The fifties were probably the end of the best times in the Middle East for a roving Old Etonian. The British Empire was in its death throes. India had gone, and so had Palestine, but Iraq, ruled by a pliant Hashemite monarchy, still lay within Britains dwindling sphere of influence. The widespread hostility towards the West that would engulf the region with the rise of radical Arab nationalism was still a few years away and so were commercial jet travel, mass tourism and Islamic fundamentalism. The oil-producing Arab states were beginning to develop, but the great boom of energy wealth that would transform their countries had not yet occurred. There were not so many people, either.

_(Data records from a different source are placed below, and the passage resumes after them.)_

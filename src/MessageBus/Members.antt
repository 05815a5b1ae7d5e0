-- ===== src/MessageBus/Members.antt =====
-- The subscribers of src/ipc/message_bus.c: each has an id of its own.
use akira_os.Prelude.{
  ℕ, zero, suc, ◌+◌, ◌-◌, ◌%◌, ◌^◌, ◌<◌, ◌≤◌, ◌≡◌, refl, sym, ap, subst, ◌∙◌, false, not, Option,
  none, some, List, [], ◌∷◌, ◌++◌, Ret, ok, if_case, option_case, leb, set, take, length,
  length-set, length-take, length-shift_down, All-append, CString, arith, Bool-cases, inl, inr,
  Option-cases, find_index, find_index-Found, shift_down, remove_at, take-shift_down, All,
  lt_of_get_elem?,
}
use akira_os.MessageBus.{
  Message, Subscriber, MsgQueue, Delivery, Bus, live, has_id, field_of, accepts, deliver, enqueue,
  msg_bus_subscribe, msg_bus_unsubscribe, max_subscribers,
}
use akira_os.MessageBus.Drain.{deliver_all, deliver_lem, send_to, select, wants}

-- The ids rise, from `low` on, and stay below `high`.
abbrev pub Rising : ℕ → ℕ → List Subscriber → Type 0
Rising low high [] = low ≤ high
Rising low high (s ∷ ss) = (low ≤ s.id) × Rising (s.id + 1) high ss

abbrev pub Others : ℕ → List Subscriber → Type 0
Others n subs = All (λ s. has_id n s ≡ false) subs

Rising-low :
    (low low' high : ℕ) (ss : List Subscriber)
    → low' ≤ low
    → Rising low high ss
    → Rising low' high ss
Rising-low low low' high [] le r = omega arith
Rising-low low low' high (s ∷ ss) le r = (omega (arith, r.0), r.1)

pub Rising-bounds : (low high : ℕ) (ss : List Subscriber) → Rising low high ss → low ≤ high
Rising-bounds low high [] r = r
Rising-bounds low high (s ∷ ss) r = omega (arith, r.0, Rising-bounds (s.id + 1) high ss r.1)

-- A new subscriber takes the next id.
Rising-snoc :
    (low high : ℕ) (ss : List Subscriber) (s : Subscriber)
    → s.id ≡ high
    → Rising low high ss
    → Rising low (high + 1) (ss ++ s ∷ [])
Rising-snoc low high [] s e r = (omega (arith, e, r), omega (arith, e))
Rising-snoc low high (x ∷ ss) s e r = (r.0, Rising-snoc (x.id + 1) high ss s e r.1)

Rising-remove_at :
    (low high i : ℕ) (ss : List Subscriber) → Rising low high ss → Rising low high (remove_at i ss)
Rising-remove_at low high i [] r = r
Rising-remove_at low high zero (s ∷ ss) r =
    Rising-low (s.id + 1) low high ss (omega (arith, r.0)) r.1
Rising-remove_at low high (suc i) (s ∷ ss) r = (r.0, Rising-remove_at (s.id + 1) high i ss r.1)

Rising-Others : (low high n : ℕ) (ss : List Subscriber) → n < low → Rising low high ss → Others n ss
Rising-Others low high n [] lt r = tt
Rising-Others low high n (s ∷ ss) lt r =
    (ground (arith, r.0), Rising-Others (s.id + 1) high n ss (omega (arith, r.0)) r.1)

-- With the one subscriber of an id gone, none is left that has it.
removed-Others :
    (low high n i : ℕ) (ss : List Subscriber)
    → find_index (has_id n) ss ≡ some i
    → Rising low high ss
    → Others n (remove_at i ss)
removed-Others low high n i [] e r = tt
removed-Others low high n i (s ∷ ss) e r = elim (Bool-cases (has_id n s)) [
  | inl here ↦
      let i_eq : 0 ≡ i = ground arith in
      subst (λ i. Others n (remove_at i (s ∷ ss))) i_eq
        (Rising-Others (s.id + 1) high n ss (ground arith) r.1)
  | inr other ↦ elim (Option-cases (find_index (has_id n) ss)) [
    | inl missing ↦ absurd (ground (arith, missing, other, e))
    | inr (j, found) ↦
        let i_eq : suc j ≡ i = ground (arith, found, other, e) in
        subst (λ i. Others n (remove_at i (s ∷ ss))) i_eq
          (other, removed-Others (s.id + 1) high n j ss found r.1)
  ]
]

pub record MembersValid {K : MsgQueue} (b : Bus K) : Type 0 where
  pub room : length b.subscribers ≡ max_subscribers
  pub count : b.subscriber_count ≤ max_subscribers
  pub ids : Rising 0 b.next_subscriber_id (live K b)

take-set_end :
    (n : ℕ) (xs : List Subscriber) (s : Subscriber)
    → n < length xs
    → take (suc n) (set xs n s) ≡ take n xs ++ s ∷ []
take-set_end n [] s lt = absurd (omega arith)
take-set_end zero (x ∷ xs) s lt = refl
take-set_end (suc n) (x ∷ xs) s lt = ap (◌∷◌ x) (take-set_end n xs s (omega arith))

pub deliver-Others :
    (n : ℕ) (subs : List Subscriber) (m : Message)
    → Others n subs
    → All (λ (d : Delivery). has_id n d.to ≡ false) (deliver subs m)
unfolding deliver
deliver-Others n [] m o = tt
deliver-Others n (s ∷ ss) m o =
    if_case (All (λ (d : Delivery). has_id n d.to ≡ false)) (accepts s m)
      (λ _. (o.0, deliver-Others n ss m o.1)) λ _. deliver-Others n ss m o.1

deliver_all-Others :
    (n : ℕ) (subs : List Subscriber) (ms : List Message)
    → Others n subs
    → All (λ (d : Delivery). has_id n d.to ≡ false) (deliver_all subs ms)
deliver_all-Others n subs [] o = tt
deliver_all-Others n subs (m ∷ ms) o =
    All-append (λ (d : Delivery). has_id n d.to ≡ false) (send_to m (select (wants m) subs))
      (deliver_all subs ms)
      (subst (All (λ (d : Delivery). has_id n d.to ≡ false)) (deliver_lem subs m)
        (deliver-Others n subs m o))
      (deliver_all-Others n subs ms o)

module _ (K : MsgQueue) where
  pub appended :
      (b : Bus K) (s : Subscriber)
      → b.subscriber_count < length b.subscribers
      → take (b.subscriber_count + 1) (set b.subscribers b.subscriber_count s) ≡ live K b ++ s ∷ []
  appended b s lt =
      let e : b.subscriber_count + 1 ≡ suc b.subscriber_count = omega arith in
      ap (λ k. take k (set b.subscribers b.subscriber_count s)) e
      ∙ take-set_end b.subscriber_count b.subscribers s lt

  -- Closing the gap leaves the others in order.
  pub closed :
      (b : Bus K) (n i : ℕ)
      → MembersValid b
      → find_index (has_id n) (live K b) ≡ some i
      → take (b.subscriber_count - 1) (shift_down (b.subscriber_count - 1 - i) i b.subscribers)
        ≡ remove_at i (live K b)
  closed b n i v e =
      let f = find_index-Found (has_id n) (live K b) i e in
      let lt = lt_of_get_elem? (live K b) i f.there in
      let len = length-take b.subscriber_count b.subscribers in
      let more : i < b.subscriber_count = omega (arith, lt, len) in
      let whole : suc (b.subscriber_count - 1) ≡ b.subscriber_count = omega (arith, more) in
      take-shift_down i (b.subscriber_count - 1 - i) (b.subscriber_count - 1) b.subscribers
        (omega (arith, more)) (omega (arith, more, v.room, v.count))
      ∙ ap (λ k. remove_at i (take k b.subscribers)) whole

  pub subscribe-MembersValid :
      (b : Bus K) (topic : Option CString) (handler : Option ℕ) (user_data : ℕ)
      → b.next_subscriber_id + 1 < 2 ^ 32
      → MembersValid b
      → MembersValid (msg_bus_subscribe K b topic handler user_data).1
  unfolding msg_bus_subscribe
  subscribe-MembersValid b none handler user_data w v =
      if_case (λ (r : Ret × Bus K). MembersValid r.1) (not b.initialized) (λ _. v) λ _. v
  subscribe-MembersValid b (some topic) none user_data w v =
      if_case (λ (r : Ret × Bus K). MembersValid r.1) (not b.initialized) (λ _. v) λ _. v
  subscribe-MembersValid b (some topic) (some handler) user_data w v =
      let P : Ret × Bus K → Type 0 = λ r. MembersValid r.1 in
      if_case P (not b.initialized) (λ _. v)
        λ _.
          if_case P (leb max_subscribers b.subscriber_count) (λ _. v)
            λ has_room.
              let sub : Subscriber = record {
                id = b.next_subscriber_id;
                handler = handler;
                user_data = user_data;
                topic_filter = field_of topic;
                min_priority = 0;
              } in
              record {
                room = length-set b.subscribers b.subscriber_count sub ∙ v.room;
                count = ground arith;
                ids =
                    subst (λ ss. Rising 0 ((b.next_subscriber_id + 1) % 2 ^ 32) ss)
                      (sym (appended b sub (ground (arith, v.room))))
                      (subst (λ (n : ℕ). Rising 0 n (live K b ++ sub ∷ []))
                        {x = b.next_subscriber_id + 1} (omega (arith, w))
                        (Rising-snoc 0 b.next_subscriber_id (live K b) sub refl v.ids));
              }

  pub unsubscribe-MembersValid :
      (b : Bus K) (n : ℕ) → MembersValid b → MembersValid (msg_bus_unsubscribe K b n).1
  unfolding msg_bus_unsubscribe
  unsubscribe-MembersValid b n v =
      let P : Ret × Bus K → Type 0 = λ r. MembersValid r.1 in
      if_case P (not b.initialized) (λ _. v)
        λ _.
          option_case P (find_index (has_id n) (live K b)) (λ _. v)
            λ i e. record {
              room = length-shift_down (b.subscriber_count - 1 - i) i b.subscribers ∙ v.room;
              count = omega (arith, v.count);
              ids =
                  subst (Rising 0 b.next_subscriber_id) (sym (closed b n i v e))
                    (Rising-remove_at 0 b.next_subscriber_id i (live K b) v.ids);
            }

  pub enqueue-MembersValid :
      (b : Bus K) (m : Message) → MembersValid b → MembersValid (enqueue K b m).1
  unfolding enqueue
  enqueue-MembersValid b m v =
      option_case (λ (r : Ret × Bus K). MembersValid r.1) (K.k_msgq_put b.msg_queue m)
        (λ _. record { room = v.room; count = v.count; ids = v.ids })
        λ q _. record { room = v.room; count = v.count; ids = v.ids }

  -- After an id is unsubscribed no message goes to it: whatever is published after a successful
  -- `msg_bus_unsubscribe`, in a valid state, the handlers that are called are those of other ids.
  pub unsubscribe-Others :
      (b : Bus K) (n : ℕ)
      → MembersValid b
      → (msg_bus_unsubscribe K b n).0 ≡ ok 0
      → Others n (live K (msg_bus_unsubscribe K b n).1)
  unfolding msg_bus_unsubscribe
  unsubscribe-Others b n v e =
      let P : Ret × Bus K → Type 0 = λ r. r.0 ≡ ok 0 → Others n (live K r.1) in
      if_case P (not b.initialized) (λ _ f. absurd (ground (arith, f)))
        (λ _.
          option_case P (find_index (has_id n) (live K b)) (λ _ f. absurd (ground (arith, f)))
            λ i found _.
              subst (Others n) (sym (closed b n i v found))
                (removed-Others 0 b.next_subscriber_id n i (live K b) found v.ids))
        e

The worldwide population boom of the postwar years had begun, but in 1957, Baghdad was a city of a mere 900,000 people, and the whole of Iraq had only 8 million citizens. In the hinterland, meanwhile, there were still a few wild places to be explored.
For the better part of eight years, Thesiger found the escape he was looking for in Iraqs Marshes. Believed by many historians to be the site of the biblical Garden of Eden and Great Flood, the Marshlands had been the cradle for human civilization 5,000 years before. They were, wrote Thesiger, a world complete in itself, a 6,000-square-mile area of wetlands created by the Tigris and Euphrates rivers before they join to form the Shatt al Arab waterway, which flows past Basra on its way into the Arabian Gulf. The Sumerians, the ancestors of the modern Marsh dwellers, had controlled the river water with an elaborate irrigation system that was later destroyed by Genghis Khans grandson, Hulagu, when he laid waste to Mesopotamia in 1258.